I am an LPN.. she is an aide. She spouts quite often "I've never been written up in 27 years of aide work, and i dont intend to start now" yet she gripes constantly, and she refuses to accept any type of constructive criticism, much less praise.

If I say "You are a great aide" before I can get the BUT in there, she says "Of course i am, i've done this for 27 years...." see above statement.

I end up fed up and have to walk away, or else I'll jump all over her, and i want to be the professional one in the situation. however, with my BP skyrocketing because of the stress of her 'calling the shots' and my lack of a backbone, i'm not quite sure hwo to handle this.

I'll accept ANY advice. (btw i work in a LTC facility and I am her direct supervisor)

Specializes in Homecare Peds, ICU, Trauma, CVICU.
thank you Suesquatch for seeing what i'm having issues with. The DON is aware of the issues, she also has had them with this aide. She was only hoping that it was directed only at her, and as she has minimal contact with 'said aide' that she could continue to use her, instead of trying to find someone new.

Unfortunately it's not just 'me' she has attitude with, it is not just what she 'knows' that she tells off about. I have NO problem with her coming to me with an issues. The trash not being changed in resident's rooms, a person not being cleaned up, her feeling that she's being dumped on from other shifts. Those are all acceptable.

She, telling me what to do, how to do it, that it's not how her 'best friend' nurse does it, those are accepted until it gets too much. When I started I had a resident who's bs dropped to 30.

She was able to drink OJ and sugar. The aide in question tells me "that's not gonna work." think a three year old sing song voice. "The OTHER nurse uses soda pop and it pops it right back up."
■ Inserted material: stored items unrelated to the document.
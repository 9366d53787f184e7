-- ===== src/Controllers/Removal/Tests.antt =====
-- The laws of the removal at concrete machines.
use omni_infra_provider_bare.Base.{[], none, refl, some, ◌≡◌}
use omni_infra_provider_bare.Base.Int.{pos}
use omni_infra_provider_bare.Effects.{World, done, final, ok, uefi}
use omni_infra_provider_bare.Samples.{bmc1, calm, disk_first, m1, r0, silent, w1}
use omni_infra_provider_bare.Controllers.RebootStatus.{Helper, Inputs, State}
use omni_infra_provider_bare.Controllers.Removal.{finalizer_removal}
use omni_infra_provider_bare.Controllers.Removal.Laws.{removal_completes}

abbrev hourly : Helper
hourly = record {
  controller_name = "RebootStatusController";
  pxe_boot_mode = uefi;
  boot_options = disk_first;
  min_reboot_interval = pos 1000;
}

-- Its agent does not answer.
abbrev gone : Inputs
gone = record {
  machine = m1;
  machine_status = ok (some silent);
  bmc = ok (some bmc1);
  wipe = ok (some w1);
  operation = ok none;
  now = 5000;
  clock = 5000;
}

abbrev start : World State
start = record { res = some r0; trace = [] }

removal_completes_example :
    finalizer_removal calm hourly gone (record { res = none; trace = [] })
    ≡ done tt (final (finalizer_removal calm hourly gone (record { res = none; trace = [] })))
removal_completes_example =
    removal_completes calm hourly gone (some silent) (some bmc1) refl refl (λ t kind. refl)
      (record { res = none; trace = [] })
I looked at her and very sweetly explain to her that I would do the oj and sugar first, and then move on to other venues, because that is what the order stated. She got angry and told decided then and there I was not a good nurse.
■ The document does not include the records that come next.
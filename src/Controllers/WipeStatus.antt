-- ===== src/Controllers/WipeStatus.antt =====
-- internal/provider/controllers/wipe_status.go: wipe a machine over its agent when it needs that.
pub mod Laws
mod Tests
pub mod History
use omni_infra_provider_bare.Base.{not, some, true}
use omni_infra_provider_bare.Resources.{InfraMachine, MachineStatus, WipeStatus}
use omni_infra_provider_bare.Machine.{requires_wipe}
use omni_infra_provider_bare.Effects.{
  Done, Env, M, ask, gets, lift, modify, raise_if, skip, wipe_disks, wrap, ◌>>=◌, ◌>>◌,
}
use omni_infra_provider_bare.Controllers.Common.{Read, require, validate_infra_machine}

-- What `transform` reads besides the resource that it writes.
pub record Inputs : Type 0 where
  pub machine : InfraMachine
  pub machine_status : Read MachineStatus

-- What a wipe records.
unfoldable pub wiped : InfraMachine → WipeStatus → WipeStatus
wiped m w = record w {
  initial_wipe_done = true;
  last_wipe_id = m.wipe_id;
  last_wipe_install_event_id = m.install_event_id;
  wiped_node_unique_token = m.node_unique_token;
}

unfoldable pub transform : Env → Inputs → M WipeStatus Done
unfolding validate_infra_machine
transform env i = do
  status ← lift i.machine_status
  validate_infra_machine i.machine
  s ← require status "machine status not found"
  due ← gets λ w. requires_wipe (some i.machine) (some w)
  raise_if (not due) (skip "machine does not require wipe")
  raise_if (not s.agent_accessible) (skip "agent is not accessible")
  answer ← ask (wipe_disks i.machine.id) λ t. env.act t (wipe_disks i.machine.id)
  wrap "failed to wipe disks" answer
  modify (wiped i.machine)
A resident with chest pain, diaphoretic, bp out of whack. i send him to the ER, of course he's just in 'pain' no heart attack or anything, but I had to follow protocol. The aide tellsme "There's no reason for you to send that resident to the hospital. He's not hurting, and he's not having a heart attack."
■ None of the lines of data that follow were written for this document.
-- ===== src/Controllers/WipeStatus/Laws.antt =====
-- When the disks of a machine are wiped, and what that means for its next boot.
use omni_infra_provider_bare.Base.{Bool, [], any, arith, eq_iff, false, some, true, ◌↔◌, ◌∷◌, ◌≡◌}
use omni_infra_provider_bare.Resources.{InfraMachine, MachineStatus, WipeStatus, accepted}
use omni_infra_provider_bare.Machine.{is_installed, requires_wipe}
use omni_infra_provider_bare.Effects.{
  Call, Done, Env, Error, Outcome, World, done, final, ok, stop, wipe_disks,
}
use omni_infra_provider_bare.Controllers.WipeStatus.{Inputs, transform, wiped}

abbrev pub run : Env → Inputs → WipeStatus → Outcome WipeStatus Done
run env i w = transform env i (record { res = w; trace = [] })

abbrev pub is_wipe : Call → Bool
is_wipe (wipe_disks _) = true
is_wipe _ = false

-- All that a wipe waits for.
pub record IsDue (i : Inputs) (w : WipeStatus) : Type 0 where
  pub accepted : i.machine.acceptance_status ≡ accepted
  pub not_cordoned : i.machine.cordoned ≡ false
  pub status : MachineStatus
  pub read : i.machine_status ≡ ok (some status)
  pub agent : status.agent_accessible ≡ true
  pub due : requires_wipe (some i.machine) (some w) ≡ true

module _ (env : Env) (i : Inputs) (w : WipeStatus) where
  -- The agent is told to wipe the disks exactly when the machine is accepted and not cordoned, its status is read and
  -- says that the agent is accessible, and the machine requires a wipe.
  pub wipe_iff : (any is_wipe (final (run env i w)).trace ≡ true) ↔ IsDue i w
  unfolding transform
  wipe_iff = ground arith

  -- A due wipe that the agent carries out ends the need for it: the machine requires no wipe any more
  -- and does not count as installed, and the status records the ids and the token of the machine.
  pub wipe_settles :
      IsDue i w
      → env.act [] (wipe_disks i.machine.id) ≡ ok tt
      → let w' = (final (run env i w)).res in
        (run env i w
          ≡ done tt (record { res = wiped i.machine w; trace = wipe_disks i.machine.id ∷ [] }))
        × (requires_wipe (some i.machine) (some w') ≡ false)
        × (is_installed (some i.machine) (some w') ≡ false)
        × (w'.wiped_node_unique_token ≡ i.machine.node_unique_token)
  unfolding transform wiped requires_wipe is_installed
  wipe_settles d e = ground (arith, eq_iff i.machine.wipe_id i.machine.wipe_id)

  -- A call that does not end well leaves the wipe status as it was.
  pub failure_keeps_status :
      {e : Error} {w' : World WipeStatus} → run env i w ≡ stop e w' → w'.res ≡ w
  unfolding transform
  failure_keeps_status h = ground arith

-- Once wiped, a machine is not wiped again as long as its wipe id stays, whatever else of it changes.
pub wiped_once :
    (m later : InfraMachine) (w : WipeStatus)
    → later.wipe_id ≡ m.wipe_id
    → requires_wipe (some later) (some (wiped m w)) ≡ false
unfolding requires_wipe wiped
wiped_once m later w h = ground (arith, eq_iff later.wipe_id m.wipe_id)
I can list a million different ways that she's overstepped her bounds as an aide. I wont. I don't feel any different than she does, aside from the fact that I have to keep her working during hte night when she falls asleep. But apparently I dont have the ability according to some here to do that either.

I'm at my wits end. I ask for help and apparently i'm the one in the wrong. That's cool, but I can't deal with her anymore, so i guess i'll be looking for a new job elsewhere. In short she gets what she wants... she wins.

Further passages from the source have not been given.